How are anxiety and depression helping me?

IIn order to answer the question: “What's next for me?” We first need to answer the question: “What is happening for me right now?” Getting lost in the daily hustle and being part of a culture that encourages us to tune out instead of in, makes this a lot easier said than done. However, if we have the tools and the space to stay alive in the present moment we are given a choice: to stay asleep or to wake ourselves up.

As we attempt to grapple with how to live a full life in a moment that is still weighed down by seemingly unending uncertainty and grief, many of us have noticed an increase in anxiety, depression, and fear. We feel more unsure of ourselves and our decisions, fall deep into the crevices of our couches, over-socialize, work too much, say we want it do it differently, but continue to find ourselves repeating unhelpful patterns.
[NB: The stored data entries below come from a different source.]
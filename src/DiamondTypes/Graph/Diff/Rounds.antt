-- ===== src/DiamondTypes/Graph/Diff/Rounds.antt =====
-- The rounds of `diff_slow_internal` in tools/diamond-types/src/causalgraph/graph/tools.rs.
use egwalker_paper.Base.{
  ℕ, zero, suc, ◌+◌, ◌≤◌, ◌<◌, ◌≡◌, refl, sym, ap, subst, fun_ext, ◌∙◌, ◌↔◌, ◌==◌, ==_iff, inl, inr,
  Bool, true, false, not, List, [], ◌∷◌, length, if◌then◌else◌, arith, Bool-cases, iff_trans,
}
use egwalker_paper.Base.Panic.{Outcome, done}
use egwalker_paper.OtBench.Graph.{DiffFlag, shared, is_shared, Queue, push_all, absorb}
use egwalker_paper.OtBench.Graph.Ancestors.{AncOf}
use egwalker_paper.OtBench.Graph.Heap.{
  num_shared, shared_count, Below, AtMost, IsHeap, Holds, push_all-Below, push_all-IsHeap,
  num_shared-push_all,
}
use egwalker_paper.OtBench.Graph.Absorb.{pick, take_shared_lem, absorb_lem}
use egwalker_paper.OtBench.Graph.Scan.{Holds-le}
use egwalker_paper.OtBench.Graph.Diff.{IsDiff, shared_queue}
use egwalker_paper.DiamondTypes.Graph.{GraphEntryInternal, find_entry}
use egwalker_paper.DiamondTypes.Graph.Expand.{expand}
use egwalker_paper.DiamondTypes.Graph.Runs.{IsDag, entry_at, dag-IsCausal}
use egwalker_paper.DiamondTypes.Graph.Diff.{DiffResult, Swept, sweep, mark_result, diff_rounds}
use egwalker_paper.DiamondTypes.Graph.Diff.Part.{IsPart, marked, marked-IsPart, whole-IsDiff}
use egwalker_paper.DiamondTypes.Graph.Diff.Mark.{written_out, IsRanges, IsAt}
use egwalker_paper.DiamondTypes.Graph.Diff.Sweep.{sweep_lem, run_end}

Below-AtMost : (m : ℕ) (q : Queue) → Below m q → AtMost m q
Below-AtMost m [] h = tt
Below-AtMost m ((v, f) ∷ q) h = (omega (arith, h.0), Below-AtMost m q h.1)

unmarked : (lo : ℕ) (vs : List ℕ) (s : Bool) → marked s shared lo lo vs ≡ vs
unmarked lo vs true = refl
unmarked lo vs false = refl

module _ (es : List GraphEntryInternal) (hi : ℕ) (dag : IsDag es hi) (a b : List ℕ) where
  abbrev pub IsOutput : DiffResult → Type 0
  IsOutput r = IsRanges r × IsDiff (expand es) a b (written_out r true, written_out r false)

  -- The state between two rounds.
  pub record IsRound (m : ℕ) (q : Queue) (r : DiffResult) : Type 0 where
    pub below : Below m q
    pub heap : IsHeap q
    pub ranges : IsRanges r
    pub part : IsPart (expand es) (dag-IsCausal es hi dag) a b m (written_out r)
    pub future :
        (s : Bool) (x : ℕ) → x < m → AncOf (expand es) (pick s a b) x ↔ Holds (expand es) s q x

  -- Between two rounds no version is in any history.
  gap-IsPart :
      (m ord : ℕ) (flag : DiffFlag) (q : Queue) (r : DiffResult)
      → IsRound m ((ord, flag) ∷ q) r
      → IsPart (expand es) (dag-IsCausal es hi dag) a b (ord + 1) (written_out r)
  gap-IsPart m ord flag q r h =
      let above : (s : Bool) (x : ℕ) → ord + 1 ≤ x → x < m → ¬ AncOf (expand es) (pick s a b) x =
        λ s x l k y. absurd (
          omega (
            arith,
            l,
            Holds-le (expand es) (dag-IsCausal es hi dag) a b s ord ((ord, flag) ∷ q) x
                (omega arith, h.heap.0) ((h.future s x k).0 y),
          )) in
      subst (IsPart (expand es) (dag-IsCausal es hi dag) a b (ord + 1))
        (fun_ext (λ s. unmarked (ord + 1) (written_out r s) s))
        (marked-IsPart (expand es) (dag-IsCausal es hi dag) a b (ord + 1) (ord + 1) m shared
          (written_out r) h.part (omega arith) (omega (arith, h.below.0))
          (λ s x l k. (λ y. absurd (above s x l k y), λ (y, t). absurd (omega arith))))

  start-IsAt :
      (m ord : ℕ) (flag flag' : DiffFlag) (q q' : Queue) (r : DiffResult)
      → IsRound m ((ord, flag) ∷ q) r
      → Below ord q'
      → IsHeap q'
      → ((s : Bool) (x : ℕ)
          → Holds (expand es) s ((ord, flag) ∷ q) x ↔ Holds (expand es) s ((ord, flag') ∷ q') x)
      → IsAt es hi dag a b ord flag' q' r
  start-IsAt m ord flag flag' q q' r h bl hp keeps = record {
    ranges = h.ranges;
    part = gap-IsPart m ord flag q r h;
    at_most = Below-AtMost ord q' bl;
    heap = hp;
    strict = inr bl;
    future = λ s x l. iff_trans (h.future s x (omega (arith, h.below.0))) (keeps s x);
  }

  finish :
      (m : ℕ) (q : Queue) (r : DiffResult) → IsRound m q r → num_shared q ≡ length q → IsOutput r
  finish m q r h e = (
    h.ranges,
    whole-IsDiff (expand es) (dag-IsCausal es hi dag) a b m (written_out r) h.part (λ s x l y.
        (h.future (not s) x l).1 (
          shared_queue (expand es) (dag-IsCausal es hi dag) a b q s (not s) x e
            ((h.future s x l).0 y))),
  )

  -- One round, in the names of its results.
  round_step :
      (fuel ord : ℕ) (flag flag' : DiffFlag) (q q' : Queue) (e : GraphEntryInternal)
      (w : Swept DiffResult) (r r' : DiffResult)
      → absorb ord flag (num_shared q) q ≡ done (flag', num_shared q', q')
      → find_entry es ord ≡ done e
      → sweep mark_result e.span.start ord flag' (num_shared q') q' r ≡ done w
      → w.num ≡ num_shared w.queue
      → mark_result e.span.start w.ord w.flag w.state ≡ done r'
      → let q'' = push_all e.parents w.flag w.queue in
        diff_rounds mark_result (suc fuel) es ((ord, flag) ∷ q) (shared_count flag + num_shared q) r
        ≡ (elim (length q'' == num_shared q'') [
          | true ↦ done r'
          | false ↦ diff_rounds mark_result fuel es q'' (num_shared q'') r'
        ])
  unfolding diff_rounds
  round_step fuel ord flag flag' q q' e w r r' d f s n m =
      rw (take_shared_lem flag (num_shared q), d, f, s, m)
        (ap {B = Outcome DiffResult}
          (λ n. elim (length (push_all e.parents w.flag w.queue) == n) [
            | true ↦ done r'
            | false ↦ diff_rounds mark_result fuel es (push_all e.parents w.flag w.queue) n r'
          ])
          (ap (λ n. if is_shared w.flag then n + length e.parents else n) n
            ∙ sym (num_shared-push_all e.parents w.flag w.queue)))

  pub rounds_lem :
      (fuel m : ℕ) (q : Queue) (r : DiffResult)
      → m < fuel
      → m ≤ hi
      → IsRound m q r
      → (r' : DiffResult) × (diff_rounds mark_result fuel es q (num_shared q) r ≡ done r')
        × IsOutput r'
  rounds_lem zero m q r f l h = absurd (omega arith)
  rounds_lem (suc fuel) m [] r f l h = (r, unfold diff_rounds in refl, finish m [] r h refl)
  rounds_lem (suc fuel) m ((ord, flag) ∷ q) r f l h =
      let (i, e, at, g, c) = entry_at es hi dag ord (omega (arith, h.below.0)) in
      let (flag', q', d, bl, hp, keeps) = absorb_lem (expand es) ord flag q h.heap.0 h.heap.1 in
      let (w, s, swept) =
        sweep_lem es hi dag a b i e g ord flag' q' r c
          (start-IsAt m ord flag flag' q q' r h bl hp keeps) in
      let (r', mk, v, p, fut) =
        run_end es hi dag a b i e g w.ord w.flag w.queue w.state swept.has_ord swept.below
          swept.at in
      let q'' = push_all e.parents w.flag w.queue in
      let step = round_step fuel ord flag flag' q q' e w r r' d at s swept.counted mk in
      let h' : IsRound e.span.start q'' r' = record {
        below =
            push_all-Below e.span.start e.parents w.flag w.queue (dag.sound i e g).below
              swept.below;
        heap = push_all-IsHeap e.parents w.flag w.queue swept.at.heap;
        ranges = v;
        part = p;
        future = fut;
      } in
      let (out, eq, found) =
        rounds_lem fuel e.span.start q'' r' (omega (arith, c.0, h.below.0))
          (omega (arith, c.0, h.below.0)) h' in
      elim (Bool-cases (length q'' == num_shared q'')) [
        | inl t ↦ (
          r',
          step ∙ rw t,
          finish e.span.start q'' r' h' (sym ((==_iff (length q'') (num_shared q'')).0 t)),
        )
        | inr t ↦ (out, step ∙ rw t eq, found)
      ]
The truth is, if you could do it differently, you would. It's not you that's the problem, it's that you are using survival tools to solve problems that require creative tools. And in order to get creative: you've got to feel the feels.

The tricky thing about anxiety and depression is that they are actually examples of non-feeling. This may be hard to understand, as it feels like we are experiencing so much of something when we are in these states. However, in reality they are helping to protect us from the more difficult, heavier truths. If we had felt the true depth of the sadness, the horror, the reopening of old wounds at the height of the pandemic, we wouldn't have been able to show up for our jobs every day, to care for our kids, or to make funeral arrangements for our loved ones. We had to either be in action mode—hence the rise in anxiety: it is a propellant— or we had to shutdown—hence the rise in depression: it is our anger turned inward, the anger that we couldn't express because we had to keep on keeping on, the anger that we didn't even know we had.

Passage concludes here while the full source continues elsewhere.